At 9:25 tonight, with two outs in the top of the eighth, Ruben Tejada on first and the Mets hanging on to a rickety-looking 5-4 lead, Jose Reyes stepped to the plate against the Indians’ Chris Perez.
Reyes slashed Perez’s first pitch to right-center on a vicious arc, past the marvelously named Shin-Soo Choo. Normally I’m inclined to say the triple is the most-exciting play in baseball, but let me amend that: A two-out triple with another burner on first is even better. Racing around the diamond separated by 100 feet or so, Tejada and Reyes looked like some insane inventor’s whirligig, or a gag from a Looney Tunes cartoon. Tejada streaked across the plate as Reyes dived into third, the ball arriving high and left for the less-marvelously named Jhonny Peralta. Safe! 6-4, Mets!
At 9:30, leading off the bottom of the eighth, Peralta grounded Elmer Dessens’ second pitch sharply to deep short. Reyes fielded it on the backhand and fired the ball as he sat hard on the ground, with Ike Davis making a nice scoop at first. One out.
At 9:31, Shelley Duncan smacked Dessens’ first pitch toward left-center. Reyes took one quick step towards third, lunged at shoulder height and snatched the ball back out of the air. Two out.
In six minutes, Reyes had driven the Indians faithful to distraction not once, not twice, but three times.
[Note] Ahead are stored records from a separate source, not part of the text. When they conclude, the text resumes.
-- ===== src/Agent/WarmPool.antt =====
-- The pure functions of the warm pool. The sizes are whole numbers and not negative, as the
-- configuration's parsers make them.
use base_layer.Base.{
  ℕ, ◌+◌, ◌-◌, ◌≤◌, ◌<◌, min, max, Bool, true, false, ◌&&◌, ◌||◌, not, Option, none, some, List, [],
  ◌∷◌, String, ◌==◌, ◌≡◌, ◌⊎◌, ◌↔◌, inl, inr, arith, leb, ltb, if◌then◌else◌, truthy, same_text,
  same_text_iff, Bool-cases,
}
use base_layer.Types.{AgentMode, firecracker, managed, same_mode, WarmPool}

pub record FirecrackerWarmRuntimeSelectionInput : Type 0 where
  pub mode : AgentMode
  pub warm_pool_size : ℕ
  pub supported_runtime_profiles : List String
  pub requested_runtime_profile : Option String
  pub proxy_profile : Option String
  pub ready_warm_session_count : ℕ

pub record FirecrackerWarmFillTargetInput : Type 0 where
  pub warm_pool_size : ℕ
  pub warm_pool_fill_concurrency : ℕ
  pub max_microvm_count : ℕ
  pub active_microvm_count : ℕ
  pub preparing_warm_runtime_count : ℕ
  pub ready_warm_session_count : ℕ

pub record WarmPoolCapacityReportInput : Type 0 where
  pub mode : AgentMode
  pub warm_pool_size : ℕ
  pub supported_runtime_profiles : List String
  pub firecracker_warm_pool_session_count : ℕ
  pub managed_warm_pool_count : ℕ
  pub preparing_warm_runtime_count : ℕ

unfoldable pub compute_launch_reservation_stale_threshold_ms : ℕ → ℕ → ℕ
compute_launch_reservation_stale_threshold_ms firecracker_restore_timeout_ms
      remote_create_timeout_ms =
    max (max (firecracker_restore_timeout_ms + 5000) 35000) (remote_create_timeout_ms + 1000)

unfoldable pub resolve_warm_pool_runtime_profile : List String → Option String
resolve_warm_pool_runtime_profile [] = none
resolve_warm_pool_runtime_profile (profile ∷ []) = some profile
resolve_warm_pool_runtime_profile (profile ∷ other ∷ rest) = none

-- The tests behind `if (!runtimeProfile)`.
abbrev served : Option String → Option String → ℕ → Option String
served none requested ready = none
served (some profile) requested ready =
    if profile == ""
    then none
    else if truthy requested && not (same_text requested (some profile))
    then none
    else if leb ready 0
    then none
    else some profile

unfoldable pub resolve_eligible_firecracker_warm_runtime_profile :
    FirecrackerWarmRuntimeSelectionInput → Option String
unfolding resolve_warm_pool_runtime_profile
resolve_eligible_firecracker_warm_runtime_profile input =
    if not (same_mode input.mode firecracker) || leb input.warm_pool_size 0
    then none
    else if truthy input.proxy_profile
    then none
    else served (resolve_warm_pool_runtime_profile input.supported_runtime_profiles)
        input.requested_runtime_profile input.ready_warm_session_count

-- `Math.max(0, Math.min(…))`: a difference below zero counts as zero, as ℕ has it.
unfoldable pub compute_firecracker_warm_fill_target : FirecrackerWarmFillTargetInput → ℕ
compute_firecracker_warm_fill_target input =
    let remaining_capacity =
      input.max_microvm_count - (input.active_microvm_count + input.preparing_warm_runtime_count) in
    let missing_warm_slots =
      input.warm_pool_size
      - (input.ready_warm_session_count + input.preparing_warm_runtime_count) in
    min (min missing_warm_slots remaining_capacity) (max 1 input.warm_pool_fill_concurrency)

unfoldable pub should_defer_warm_pool_maintenance : AgentMode → ℕ → ℕ → ℕ → Bool
should_defer_warm_pool_maintenance mode active_sessions launch_reservations preparing_sessions =
    if not (same_mode mode managed)
    then false
    else ltb 0 active_sessions || ltb 0 launch_reservations || ltb 0 preparing_sessions

abbrev reported : Option String → WarmPoolCapacityReportInput → List WarmPool
reported none input = []
reported (some profile) input =
    if profile == ""
    then []
    else record {
      runtime_profile = profile;
      ready_count =
          if same_mode input.mode firecracker
          then input.firecracker_warm_pool_session_count
          else input.managed_warm_pool_count;
      target_count = input.warm_pool_size;
      refill_in_flight = input.preparing_warm_runtime_count;
    }
      ∷ []

unfoldable pub build_warm_pool_capacity_reports : WarmPoolCapacityReportInput → List WarmPool
unfolding resolve_warm_pool_runtime_profile
build_warm_pool_capacity_reports input =
    if leb input.warm_pool_size 0
    then []
    else reported (resolve_warm_pool_runtime_profile input.supported_runtime_profiles) input

-- A refill never takes the microVMs above their limit nor the pool above its size, or leaves them where
-- they are already above, and it is empty exactly where one of the two has no room.
pub warm_fill-bounds :
    (i : FirecrackerWarmFillTargetInput)
    → (i.active_microvm_count
          + i.preparing_warm_runtime_count
          + compute_firecracker_warm_fill_target i
        ≤ max i.max_microvm_count (i.active_microvm_count + i.preparing_warm_runtime_count))
      × (i.ready_warm_session_count
            + i.preparing_warm_runtime_count
            + compute_firecracker_warm_fill_target i
          ≤ max i.warm_pool_size (i.ready_warm_session_count + i.preparing_warm_runtime_count))
      × ((compute_firecracker_warm_fill_target i ≡ 0) ↔ (
          (i.max_microvm_count ≤ i.active_microvm_count + i.preparing_warm_runtime_count)
          ⊎ (i.warm_pool_size ≤ i.ready_warm_session_count + i.preparing_warm_runtime_count)))
unfolding compute_firecracker_warm_fill_target
warm_fill-bounds i = (omega arith, omega arith, ground arith)

served-some :
    (o requested : Option String) (ready : ℕ) (profile : String)
    → served o requested ready ≡ some profile
    → (o ≡ some profile)
      × ((profile == "") ≡ false)
      × (0 < ready)
      × ((truthy requested && not (same_text requested (some profile))) ≡ false)
served-some none requested ready profile h = absurd (ground arith)
served-some (some p) requested ready profile h =
    let (a, r) = if-none _ _ _ h in
    let (b, r) = if-none _ _ _ r in
    let (c, e) = if-none _ _ _ r in
    let same : p ≡ profile = ground arith in (e, rw (← same) a, ground arith, rw (← same) b)
  where
    if-none :
        (b : Bool) (x : Option String) (y : String)
        → (if b then none else x) ≡ some y
        → (b ≡ false) × (x ≡ some y)
    if-none b x y h = ground arith

-- A warm runtime is served only under the profile that the agent reports in its capacity report, and
-- only where that report, made of the same figures, has a ready runtime.
pub served-reported :
    (i : FirecrackerWarmRuntimeSelectionInput) (managed_count preparing : ℕ) (profile : String)
    → resolve_eligible_firecracker_warm_runtime_profile i ≡ some profile
    → (build_warm_pool_capacity_reports (record {
      mode = i.mode;
      warm_pool_size = i.warm_pool_size;
      supported_runtime_profiles = i.supported_runtime_profiles;
      firecracker_warm_pool_session_count = i.ready_warm_session_count;
      managed_warm_pool_count = managed_count;
      preparing_warm_runtime_count = preparing;
    })
        ≡ record {
          runtime_profile = profile;
          ready_count = i.ready_warm_session_count;
          target_count = i.warm_pool_size;
          refill_in_flight = preparing;
        }
          ∷ [])
      × (0 < i.ready_warm_session_count)
      × ((truthy i.requested_runtime_profile ≡ false)
          ⊎ (i.requested_runtime_profile ≡ some profile))
unfolding resolve_eligible_firecracker_warm_runtime_profile build_warm_pool_capacity_reports
    resolve_warm_pool_runtime_profile
served-reported i managed_count preparing profile h =
    let (a, r) = if-none (not (same_mode i.mode firecracker) || leb i.warm_pool_size 0) _ _ h in
    let (b, r) = if-none (truthy i.proxy_profile) _ _ r in
    let (o, filled, ready, asked) =
      served-some (resolve_warm_pool_runtime_profile i.supported_runtime_profiles)
        i.requested_runtime_profile _ profile r in
    let (m, size) = guards (same_mode i.mode firecracker) (leb i.warm_pool_size 0) a in
    (
      rw (size, o, filled, m),
      ready,
      elim (Bool-cases (truthy i.requested_runtime_profile)) [
        | inl t ↦
            inr ((same_text_iff i.requested_runtime_profile (some profile)).0 (met _ _ asked t))
        | inr f ↦ inl f
      ],
    )
  where
    if-none :
        (b : Bool) (x : Option String) (y : String)
        → (if b then none else x) ≡ some y
        → (b ≡ false) × (x ≡ some y)
    if-none b x y h = ground arith

    guards : (a b : Bool) → (not a || b) ≡ false → (a ≡ true) × (b ≡ false)
    guards a b h = ground arith

    met : (a b : Bool) → (a && not b) ≡ false → a ≡ true → b ≡ true
    met a b h k = ground arith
He was like a kid tormenting a little brother with a ball on a string — nyaah-nyaah, Cleveland, no ya don’t. Now that the Mets have completed the sweep [1], I wouldn’t be surprised if several Indians wake up at 2:25 or 3:30 or 4:31 screaming that Reyes is the monster under the bed. His hands are clapping! His knees are churning! His smile is huge and bright and carnivorous! He is coming to get me!
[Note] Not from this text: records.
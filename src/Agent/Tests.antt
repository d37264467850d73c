-- ===== src/Agent/Tests.antt =====
-- The warm pool and the gate on small figures.
use base_layer.Base.{
  ◌+◌, ◌≤◌, ◌<◌, max, true, false, none, some, [], ◌∷◌, ◌≡◌, ◌⊎◌, ◌↔◌, refl, arith, truthy, length,
}
use base_layer.Types.{firecracker, managed}
use base_layer.Agent.WarmPool.{
  FirecrackerWarmFillTargetInput, FirecrackerWarmRuntimeSelectionInput,
  compute_firecracker_warm_fill_target, should_defer_warm_pool_maintenance,
  compute_launch_reservation_stale_threshold_ms, resolve_eligible_firecracker_warm_runtime_profile,
  build_warm_pool_capacity_reports, warm_fill-bounds, served-reported,
}
use base_layer.Agent.Gate.{AsyncGate, Move, move, idle_gate, Reachable, PromptlyReachable}
use base_layer.Agent.Progress.{gate-no_lost_wakeup, gate-Within_limit}
use base_layer.Agent.Overrun.{gate-overrun}

abbrev fill : FirecrackerWarmFillTargetInput
fill = record {
  warm_pool_size = 4;
  warm_pool_fill_concurrency = 8;
  max_microvm_count = 6;
  active_microvm_count = 3;
  preparing_warm_runtime_count = 1;
  ready_warm_session_count = 1;
}

fills_two : compute_firecracker_warm_fill_target fill ≡ 2
unfolding compute_firecracker_warm_fill_target
fills_two = refl

defers : should_defer_warm_pool_maintenance managed 0 1 0 ≡ true
unfolding should_defer_warm_pool_maintenance
defers = refl

stale_after : compute_launch_reservation_stale_threshold_ms 20000 50000 ≡ 51000
unfolding compute_launch_reservation_stale_threshold_ms
stale_after = refl

warm_fill-bounds_case :
    (4 + compute_firecracker_warm_fill_target fill ≤ max 6 4)
    × (2 + compute_firecracker_warm_fill_target fill ≤ max 4 2)
    × ((compute_firecracker_warm_fill_target fill ≡ 0) ↔ ((6 ≤ 4) ⊎ (4 ≤ 2)))
warm_fill-bounds_case = warm_fill-bounds fill

abbrev select : FirecrackerWarmRuntimeSelectionInput
select = record {
  mode = firecracker;
  warm_pool_size = 2;
  supported_runtime_profiles = "chrome" ∷ [];
  requested_runtime_profile = some "chrome";
  proxy_profile = none;
  ready_warm_session_count = 1;
}

selects : resolve_eligible_firecracker_warm_runtime_profile select ≡ some "chrome"
unfolding resolve_eligible_firecracker_warm_runtime_profile
selects = refl

served-reported_case :
    (build_warm_pool_capacity_reports (record {
      mode = firecracker;
      warm_pool_size = 2;
      supported_runtime_profiles = "chrome" ∷ [];
      firecracker_warm_pool_session_count = 1;
      managed_warm_pool_count = 0;
      preparing_warm_runtime_count = 1;
    })
      ≡ record {
        runtime_profile = "chrome";
        ready_count = 1;
        target_count = 2;
        refill_in_flight = 1;
      }
        ∷ [])
    × (0 < 1)
    × ((truthy (some "chrome") ≡ false) ⊎ (select.requested_runtime_profile ≡ some "chrome"))
served-reported_case = served-reported select 0 1 "chrome" selects

-- One ticket active and one waiting, behind a gate of one.
abbrev crowded : AsyncGate
crowded = move 1 (Move.acquires 1) (move 1 (Move.acquires 0) idle_gate)

gate-no_lost_wakeup_example :
    (crowded.active ≡ length crowded.holders)
    × ((length crowded.waiters ≡ 0) ⊎ (1 ≤ crowded.active + length crowded.woken))
gate-no_lost_wakeup_example =
    gate-no_lost_wakeup 1 crowded (
      Reachable.then_move (Reachable.then_move Reachable.start (Move.acquires 0)) (Move.acquires 1))

promptly : PromptlyReachable 1 crowded
unfolding move idle_gate
promptly =
    PromptlyReachable.then_move
      (PromptlyReachable.then_move PromptlyReachable.start (Move.acquires 0) refl) (Move.acquires 1)
      refl

gate-Within_limit_example :
    (crowded.active + length crowded.woken ≤ 1) × (crowded.active ≡ length crowded.holders)
gate-Within_limit_example = gate-Within_limit 1 (omega arith) crowded promptly

gate-overrun_example : (g : AsyncGate) × Reachable 2 g × (g.active ≡ 2 + 1)
gate-overrun_example = gate-overrun 2 (omega arith)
Cleveland’s nightmare, our dream come true. We watched the Mets assemble in Port St. Lucie not expecting much from this season, but comforted that at least we’d have No. 7 out there wreaking havoc. Then came the astonishing news that the game’s most hyperkinetic player had been sentenced to stillness and silence, stuck with an infuriating rehab course of doing absolutely nothing. He returned to us in early April, apparently whole but just as apparently not himself: He was waving at balls out of the zone, popping up balls he’d once driven, edging tentatively away from first base, stumbling at shortstop. It was February for Jose on top of his endless layoff, while it was April for everybody else.
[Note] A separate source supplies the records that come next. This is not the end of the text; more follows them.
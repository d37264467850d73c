-- ===== src/Base/Sort.antt =====
-- `Array.prototype.sort`: a stable sort by a comparator that returns a signed number, modelled by
-- insertion. An element goes before the first later one that the comparator does not put first.
pub mod Order
use mathlib.Core.Path.{◌≡◌, refl}
use mathlib.Core.Bool.{Bool}
use mathlib.Core.Logic.{inl, inr}
use mathlib.Core.List.{List, [], ◌∷◌, Memᴰ}
use native.Mathlib.Omega.{arith}
use base_layer.Base.Tests.{if◌then◌else◌, Bool-cases, leb}
use base_layer.Base.Lists.{count}
use base_layer.Base.Int.{ℤ, pos_part, neg_part}

-- `comparator(a, b) <= 0`
abbrev pub not_after {ℓ} : {A : Type ℓ} → (A → A → ℤ) → A → A → Bool
not_after cmp a b = leb (pos_part (cmp a b)) (neg_part (cmp a b))

module _ {ℓ} {A : Type ℓ} (cmp : A → A → ℤ) where
  unfoldable pub insert_sorted : A → List A → List A
  insert_sorted x [] = x ∷ []
  insert_sorted x (y ∷ ys) =
      let rest = insert_sorted x ys in if not_after cmp x y then x ∷ y ∷ ys else y ∷ rest

  unfoldable pub sort : List A → List A
  unfolding insert_sorted
  sort [] = []
  sort (x ∷ xs) = insert_sorted x (sort xs)

  pub insert_sorted-mem :
      (x : A) (ys : List A) {a : A} → Memᴰ a (x ∷ ys) → Memᴰ a (insert_sorted x ys)
  unfolding insert_sorted
  insert_sorted-mem x [] m = m
  insert_sorted-mem x (y ∷ ys) m = elim (Bool-cases (not_after cmp x y)) [
    | inl e ↦ rw e m
    | inr e ↦ rw e (down m (insert_sorted-mem x ys))
  ]
    where
      down :
          {a : A}
          → Memᴰ a (x ∷ y ∷ ys)
          → (Memᴰ a (x ∷ ys) → Memᴰ a (insert_sorted x ys))
          → Memᴰ a (y ∷ insert_sorted x ys)
      down (Memᴰ.head e) rec = Memᴰ.tail (rec (Memᴰ.head e))
      down (Memᴰ.tail (Memᴰ.head e)) rec = Memᴰ.head e
      down (Memᴰ.tail (Memᴰ.tail m)) rec = Memᴰ.tail (rec (Memᴰ.tail m))

  pub mem-insert_sorted :
      (x : A) (ys : List A) {a : A} → Memᴰ a (insert_sorted x ys) → Memᴰ a (x ∷ ys)
  unfolding insert_sorted
  mem-insert_sorted x [] m = m
  mem-insert_sorted x (y ∷ ys) m = elim (Bool-cases (not_after cmp x y)) [
    | inl e ↦ rw (e, insert_sorted) at m
    | inr e ↦ up (rw (e, insert_sorted) at m) (mem-insert_sorted x ys)
  ]
    where
      up :
          {a : A}
          → Memᴰ a (y ∷ insert_sorted x ys)
          → (Memᴰ a (insert_sorted x ys) → Memᴰ a (x ∷ ys))
          → Memᴰ a (x ∷ y ∷ ys)
      up (Memᴰ.head e) rec = Memᴰ.tail (Memᴰ.head e)
      up (Memᴰ.tail m) rec = swap (rec m)
        where
          swap : {a : A} → Memᴰ a (x ∷ ys) → Memᴰ a (x ∷ y ∷ ys)
          swap (Memᴰ.head e) = Memᴰ.head e
          swap (Memᴰ.tail m) = Memᴰ.tail (Memᴰ.tail m)

  pub sort-mem : (xs : List A) {a : A} → Memᴰ a xs → Memᴰ a (sort xs)
  unfolding sort
  sort-mem [] m = elim m [ ]
  sort-mem (x ∷ xs) (Memᴰ.head e) = insert_sorted-mem x (sort xs) (Memᴰ.head e)
  sort-mem (x ∷ xs) (Memᴰ.tail m) = insert_sorted-mem x (sort xs) (Memᴰ.tail (sort-mem xs m))

  pub mem-sort : (xs : List A) {a : A} → Memᴰ a (sort xs) → Memᴰ a xs
  unfolding sort
  mem-sort [] m = elim m [ ]
  mem-sort (x ∷ xs) m = cases (mem-insert_sorted x (sort xs) m) (mem-sort xs)
    where
      cases : {a : A} → Memᴰ a (x ∷ sort xs) → (Memᴰ a (sort xs) → Memᴰ a xs) → Memᴰ a (x ∷ xs)
      cases (Memᴰ.head e) rec = Memᴰ.head e
      cases (Memᴰ.tail m) rec = Memᴰ.tail (rec m)

  count-insert_sorted :
      (p : A → Bool) (x : A) (ys : List A) → count p (insert_sorted x ys) ≡ count p (x ∷ ys)
  unfolding insert_sorted
  count-insert_sorted p x [] = refl
  count-insert_sorted p x (y ∷ ys) = ground (arith, count-insert_sorted p x ys)

  -- Sorting keeps how many elements pass a test.
  pub count-sort : (p : A → Bool) (xs : List A) → count p (sort xs) ≡ count p xs
  unfolding sort
  count-sort p [] = refl
  count-sort p (x ∷ xs) = omega (arith, count-insert_sorted p x (sort xs), count-sort p xs)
But gradually the rust fell away, chips and flakes shed until tonight there he was again, Jose Reyes at maximum velocity and supreme wattage. And in those six minutes, I remembered what I’d risked forgetting about him — that when Jose Reyes is playing baseball at the peak of his ability, watching him seems like more fun than any human being should be allowed to have. And if it’s that much fun watching Jose Reyes, can you imagine being Jose Reyes?